用他的金丹,换她的金丹。禁制种在她的金丹上,那他便拿走她的金丹,把自己的金丹给她。从此禁制在他体内,不在她体内。她便能平安走出这扇门,平安长大,能平安地在槐树下唱那首良岑编的童谣。
金泽端面上的笑容终于淡了。他看着良岑将自己的金丹剖出,看着那颗琥珀色的金丹被压入秦枉柯体内,看着良岑将那颗小小的金丹托在掌心里,阖上眼,按入自己丹田。

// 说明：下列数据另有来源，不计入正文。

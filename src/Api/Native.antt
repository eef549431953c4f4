-- ===== src/Api/Native.antt =====
-- translateNativeApp and translateToNativeAppView: the program of a native service is a config
-- that a volume holds and the service mounts.
use Prim.Native.String.{◌++◌ as str_append}
use baetyl_cloud.Common.{
  String, Bool, true, false, not, ◌&&◌, none, some, List, [], ◌∷◌, ◌==◌, if◌then◌else◌, has_prefix,
}
use baetyl_cloud.Common.Action.{
  coded, volume_type, resource_not_found, Result, ok, err, Action, pure, lift, panic, ◌>>=◌, ◌>>◌,
}
use baetyl_cloud.Api.{
  VolumeMount, Service, ServiceView, Volume, VolumeView, Application, ApplicationView, AppServices,
}

abbrev pub program_config_dir : String
program_config_dir = "/var/lib/baetyl/bin"

-- isProgramConfig, by ProgramConfigPrefix
unfoldable pub is_program_config : String → Bool
is_program_config name = has_prefix name "baetyl-program-config"

abbrev pub is_native : String → String → Bool
is_native mode app_type = mode == "native" && not (app_type == "function")

-- generateVmAndMount
unfoldable pub generate_vm_and_mount : String → String → String → VolumeMount × Volume
generate_vm_and_mount config_name vm_name mount_path = (
  record { name = vm_name; mount_path = mount_path; read_only = true; immutable = false },
  record {
    name = vm_name;
    host_path = none;
    config = some (record { name = config_name; version = "" });
    secret = none;
    empty_dir = none;
  },
)

-- The first entry that passes the test is replaced; if none does, the new one is added.
unfoldable pub put_first : {A : Type 0} → (A → Bool) → A → List A → List A
put_first p new [] = new ∷ []
put_first p new (x ∷ xs) = let rest = put_first p new xs in if p x then new ∷ xs else x ∷ rest

abbrev pub is_program_mount : VolumeMount → Bool
is_program_mount m = is_program_config m.name && m.mount_path == program_config_dir

-- The name of the volume that holds a config.
unfoldable pub get_name_of_native_program_config : List VolumeView → String → Result String
get_name_of_native_program_config [] vm_name =
    err (coded resource_not_found (("type", "volume") ∷ ("name", vm_name) ∷ []))
get_name_of_native_program_config (v ∷ vs) vm_name =
    let rest = get_name_of_native_program_config vs vm_name in
    if v.name == vm_name
    then (elim v.config [
      | none ↦ err (coded volume_type (("name", v.name) ∷ ("type", "config") ∷ []))
      | some c ↦ ok c.name
    ])
    else rest

-- The name of the first mount of a program.
unfoldable pub program_mount_name : List VolumeMount → String
program_mount_name [] = ""
program_mount_name (m ∷ ms) =
    let rest = program_mount_name ms in if is_program_mount m then m.name else rest

-- The first mount of this name cannot be changed.
unfoldable pub freeze_first : String → List VolumeMount → List VolumeMount
freeze_first name [] = []
freeze_first name (m ∷ ms) =
    let rest = freeze_first name ms in
    if m.name == name then record m { immutable = true } ∷ ms else m ∷ rest

module _ {S : Type 0} (api : AppServices S) where
  -- getNameOfNativeProgramVolumeMount, which does not use the name of the service.
  unfoldable pub get_name_of_native_program_volume_mount : String → Action S String
  get_name_of_native_program_volume_mount service_name = do
    suffix ← api.rand_string
    pure (str_append "baetyl-program-config-" suffix)

  -- The loop of translateNativeApp over the views and the services beside them.
  unfoldable pub translate_services :
      List ServiceView → List Service → List Volume → Action S (List Service × List Volume)
  translate_services [] ss vols = pure (ss, vols)
  translate_services (v ∷ vs) [] vols = panic
  translate_services (v ∷ vs) (s ∷ ss) vols = do
    vm_name ← get_name_of_native_program_volume_mount s.name
    let made : VolumeMount × Volume =
        generate_vm_and_mount v.program_config vm_name program_config_dir
    rest ←
        translate_services vs ss (put_first (λ (w : Volume). is_program_config w.name) made.1 vols)
    pure (
      record s { volume_mounts = put_first is_program_mount made.0 s.volume_mounts } ∷ rest.0,
      rest.1,
    )

  -- translateNativeApp
  unfoldable pub translate_native_app : ApplicationView → Application → Action S Application
  translate_native_app view app =
      if is_native view.mode view.app_type
      then (do
        made ← translate_services view.services app.services app.volumes
        pure (record app { services = made.0; volumes = made.1 }))
      else pure app

  -- The loop of translateToNativeAppView.
  unfoldable pub native_services :
      String → List VolumeView → List ServiceView → Action S (List ServiceView)
  native_services ns vols [] = pure []
  native_services ns vols (v ∷ vs) = do
    let vm_name : String = program_mount_name v.service.volume_mounts
    config_name ← lift (get_name_of_native_program_config vols vm_name)
    api.config_get ns config_name
    rest ← native_services ns vols vs
    pure (
        record {
          service = record v.service {
            volume_mounts = freeze_first vm_name v.service.volume_mounts;
          };
          program_config = config_name;
        }
        ∷ rest)

  -- translateToNativeAppView
  unfoldable pub translate_to_native_app_view : ApplicationView → Action S ApplicationView
  translate_to_native_app_view view =
      if is_native view.mode view.app_type
      then (do
        services ← native_services view.namespace view.volumes view.services
        pure (record view { services = services }))
      else pure view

他的嘴唇动了一下,像是想说什么。他连拒绝后的对策都准备好了。
他以为良岑会权衡利弊,会忍气吞声,会在“只借名号”和“保住女儿”之间找到一个折中的法子,可他良岑没有。
他把自己百年神魂凝成的金丹,给了一个六岁的女孩。
禁制入体的那一刻,剧痛从良岑丹田深处炸开,沿着经脉往四肢百骸蔓延。
他的身体猛地晃了一下,单膝跪倒在门槛上。冷汗从额上淌下来,滴在门槛上那片被月光照得发白的灰岩上。他咬着牙,用骨箫撑着地面,一点一点站起来。
良岑弯下腰,将秦枉柯重新抱起来。小女孩的身体不再抽搐了,呼吸恢复了平稳,小脸枕在他肩窝里,睫毛上还挂着方才疼出来的泪珠。他的手按在她的后心上,感觉到那颗琥珀色的金丹正在她丹田深处缓缓旋转,温沉的,柔和的,像一盏被他亲手点亮的灯。
“走!”
良岑把骨箫从地上拔起来,收入袖中,抱着秦枉柯转身朝悬崖方向掠去。白靴踩过门槛,踩过竹林里被阴气绞碎的落叶,踩过悬崖边上最后一块灰岩石板,与榭瑾腾风而去。
金泽端站在原地,被榭瑾刚刚筑建的阴气壁垒挡在竹林之外。
“老夫还真是头一回见到这样的疯子。”
......
药王谷。
良岑必须撑到找到车敬欢——撑到那个人把禁制解开,撑到那个人说无碍。
在那之前,谁也别想从他身边抢走秦枉柯。